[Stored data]

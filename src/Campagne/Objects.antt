-- ===== src/Campagne/Objects.antt =====
-- The copies and moves of src/Campagne.cpp on objects with their mutexes. An object is its place in a
-- store, so two names may be one object. `std::lock` takes both mutexes or waits for both; to give it
-- one mutex twice is undefined behaviour. What `std::move` leaves of a text or of a map is not
-- specified by the standard library, and so it is a parameter.
pub mod Copies
use tabmo_codding_challenge.Common.Text.{Bytes}
use tabmo_codding_challenge.Common.{
  ℕ, Bool, true, false, ◌||◌, Option, none, some, List, [], ◌∷◌, ◌++◌, ◌==◌, get_elem?, set, length,
  if◌then◌else◌,
}
use tabmo_codding_challenge.Campagne.{Campagne, Filters}

pub record Object : Type 0 where
  pub attributes : Campagne
  pub mutex : Bool

abbrev pub Store : Type 0
Store = List Object

-- The store after a call; a call that waits for a mutex; or undefined behaviour.
pub data Outcome : Type 0 where
  done : Store → Outcome
  waiting undefined : Outcome

infixl 5 ◌>>=◌
abbrev pub ◌>>=◌ : Outcome → (Store → Outcome) → Outcome
done st >>= f = f st
waiting >>= f = waiting
undefined >>= f = undefined

abbrev set_mutex : Bool → Object → Object
set_mutex b o = record o { mutex = b }

-- A change of one object; there is none out of the store.
unfoldable pub change : ℕ → (Object → Object) → Store → Outcome
change k f st = elim (get_elem? st k) [ none ↦ undefined | some o ↦ done (set st k (f o)) ]

unfoldable pub lock_free : ℕ → ℕ → Option Object → Option Object → Store → Outcome
unfolding change
lock_free a b (some x) (some y) st =
    if x.mutex || y.mutex
    then waiting
    else change a (set_mutex true) st >>= change b (set_mutex true)
lock_free a b _ _ st = undefined

-- `lock(a.mMutex, b.mMutex)`.
unfoldable pub lock_both : ℕ → ℕ → Store → Outcome
unfolding lock_free
lock_both a b st = if a == b then undefined else lock_free a b (get_elem? st a) (get_elem? st b) st

unfoldable pub unlock_both : ℕ → ℕ → Store → Outcome
unfolding change
unlock_both a b st = change a (set_mutex false) st >>= change b (set_mutex false)

-- `mId = pCampagne.mId;` and so on.
unfoldable pub assign : Campagne → Campagne → Campagne
assign c d = record c {
  id = d.id;
  budget = d.budget;
  bid_price = d.bid_price;
  width = d.width;
  height = d.height;
  responsive = d.responsive;
  filter_include = d.filter_include;
  filter_exclude = d.filter_exclude;
  url = d.url;
}

abbrev set_attributes : (Campagne → Campagne) → Object → Object
set_attributes f o = record o { attributes = f o.attributes }

-- The attributes of object `src` are assigned to those of object `dst`.
unfoldable pub assign_object : ℕ → ℕ → Store → Outcome
unfolding assign change
assign_object dst src st = elim (get_elem? st src) [
  | none ↦ undefined
  | some o ↦ change dst (set_attributes (λ c. assign c o.attributes)) st
]

unfoldable pub copy_assign : ℕ → ℕ → Store → Outcome
unfolding lock_both assign_object unlock_both
copy_assign this other st =
    lock_both other this st >>= assign_object this other >>= unlock_both other this

-- The new object has its attributes, which nothing has set yet, and a free mutex.
unfoldable pub copy_construct : Campagne → ℕ → Store → Outcome
unfolding copy_assign
copy_construct fresh other st =
    copy_assign (length st) other (st ++ (record { attributes = fresh; mutex = false } ∷ []))

module _ (moved_text : Bytes → Bytes) (moved_filters : Filters → Filters) where
  -- What is left of the attributes that are moved away; a number is copied.
  unfoldable pub left_behind : Campagne → Campagne
  left_behind c = record c {
    id = moved_text c.id;
    filter_include = moved_filters c.filter_include;
    filter_exclude = moved_filters c.filter_exclude;
    url = moved_text c.url;
  }

  unfoldable pub move_assign : ℕ → ℕ → Store → Outcome
  unfolding lock_both assign_object left_behind unlock_both
  move_assign this other st =
      lock_both other this st
      >>= assign_object this other
      >>= change other (set_attributes left_behind)
      >>= unlock_both other this

  unfoldable pub move_construct : Campagne → ℕ → Store → Outcome
  unfolding move_assign
  move_construct fresh other st =
      move_assign (length st) other (st ++ (record { attributes = fresh; mutex = false } ∷ []))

[Work order] I'd like an exact copy of the lines above, from the very first one through the line that contains "Store = List Object", with nothing else added.

[Output of the task]
filename src/Campagne/Objects.antt
-- ===== src/Campagne/Objects.antt =====
-- The copies and moves of src/Campagne.cpp on objects with their mutexes. An object is its place in a
-- store, so two names may be one object. `std::lock` takes both mutexes or waits for both; to give it
-- one mutex twice is undefined behaviour. What `std::move` leaves of a text or of a map is not
-- specified by the standard library, and so it is a parameter.
pub mod Copies
use tabmo_codding_challenge.Common.Text.{Bytes}
use tabmo_codding_challenge.Common.{
  ℕ, Bool, true, false, ◌||◌, Option, none, some, List, [], ◌∷◌, ◌++◌, ◌==◌, get_elem?, set, length,
  if◌then◌else◌,
}
use tabmo_codding_challenge.Campagne.{Campagne, Filters}

pub record Object : Type 0 where
  pub attributes : Campagne
  pub mutex : Bool

abbrev pub Store : Type 0
Store = List Object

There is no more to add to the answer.